Exercise objective
Look below. Copy each line that has "String" in it.

Data
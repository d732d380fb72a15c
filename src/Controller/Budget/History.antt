-- ===== src/Controller/Budget/History.antt =====
-- How many runs a history of reconciliations creates while the object stays absent.
use artifact_controller.Prelude.{String, ℕ, ◌+◌, ◌≤◌, ◌≡◌, [], sym, subst, arith, none}
use artifact_controller.Prelude.Int.{pos, ◌≤ℤ◌}
use artifact_controller.Prelude.Result.{ok}
use artifact_controller.Toolkit.{Toolkit}
use artifact_controller.Calls.{Trace}
use artifact_controller.Api.ArtifactClass.{ArtifactClass, effective_backoff}
use artifact_controller.Store.{driver_for}
use artifact_controller.Controller.Session.{Cluster, Session}
use artifact_controller.Controller.Request.{handle}
use artifact_controller.Controller.Budget.Ledger.{
  created_runs, lost_runs, used, IsWithin, IsBalanced,
}
use artifact_controller.Controller.Budget.Absence.{IsPlain, SeesNothing, handle-IsBalanced}

-- A new Artifact, before any call.
pub record IsNew {k : Toolkit} (s : Session k) : Type 0 where
  pub quiet : s.trace ≡ []
  pub blameless : s.obj.status.failed_attempts ≡ pos 0
  pub idle : s.obj.status.generator_ref ≡ none

-- The requests for a plain Artifact, one after the other. Between two requests anything may happen
-- that leaves its status as it was and neither creates nor loses a run of its own: an edit of the
-- spec, a restart of the controller, another call.
pub data History {k : Toolkit} (c : Cluster) (s : Session k) : Session k → Type 0 where
  start : History c s s
  handled :
      {t : Session k}
      → History c s t
      → t.obj.deletion_timestamp ≡ none
      → IsPlain t.obj
      → History c s (handle k c t).0
  between :
      {t : Session k} (u : Session k)
      → History c s t
      → u.obj.status ≡ t.obj.status
      → created_runs c u.trace ≡ created_runs c t.trace
      → lost_runs c u.trace ≡ lost_runs c t.trace
      → History c s u

module _ {k : Toolkit} (c : Cluster) (n : ℕ) where
  -- The runs that were created are on the status or were lost, and the status is within the budget.
  record IsCovered (r : Session k) : Type 0 where
    within : IsWithin n r.obj.status
    covered : created_runs c r.trace ≤ used r.obj.status + lost_runs c r.trace

  IsNew-IsCovered : (s : Session k) → IsNew s → IsCovered s
  IsNew-IsCovered s x = record {
    within = record {
      counted = ground (arith, x.blameless);
      room = ground (arith, x.blameless, x.idle);
    };
    covered = ground (arith, x.quiet);
  }

  IsBalanced-IsCovered : (s r : Session k) → IsBalanced c n s r → IsCovered s → IsCovered r
  IsBalanced-IsCovered s r b h = record {
    within = b.within;
    covered = omega (arith, b.balance, h.covered);
  }

  module _ (h : n ≤ 2147483647)
      (limits : (tr : Trace) (name : String) (class : ArtifactClass)
        → c.get_class tr name ≡ ok class
        → (effective_backoff class).max_attempts ≤ℤ pos n)
      (absent : (tr : Trace) (class : ArtifactClass)
        → SeesNothing (driver_for k c.registry tr class)) where
    History-IsCovered : {s r : Session k} → IsNew s → History c s r → IsCovered r
    History-IsCovered {s = s} x start = IsNew-IsCovered s x
    History-IsCovered x (handled {t = t} l d p) =
        let g = History-IsCovered x l in
        IsBalanced-IsCovered t _ (handle-IsBalanced c n h limits absent t d p g.within) g
    History-IsCovered x (between {t = t} u l e a b) =
        let g = History-IsCovered x l in
        record {
          within = subst (IsWithin n) (sym e) g.within;
          covered = ground (arith, e, a, b, g.covered);
        }

    -- While the store shows no object, no retry is asked for and no status update is lost, the
    -- requests for a new Artifact that is managed and has no deleteAfter create at most as many
    -- generator runs as the failure budget of its classes allows, plus one for each run that was
    -- found to be gone or whose deletion was confirmed. The classes, the runs and the spec may
    -- change from one request to the next.
    pub created_runs-le :
        {s r : Session k}
        → IsNew s
        → History c s r
        → created_runs c r.trace ≤ n + lost_runs c r.trace
    created_runs-le {r = r} x l =
        let g = History-IsCovered x l in omega (arith, g.within.room, g.covered)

Result of this task
use artifact_controller.Prelude.{String, ℕ, ◌+◌, ◌≤◌, ◌≡◌, [], sym, subst, arith, none}
      (limits : (tr : Trace) (name : String) (class : ArtifactClass)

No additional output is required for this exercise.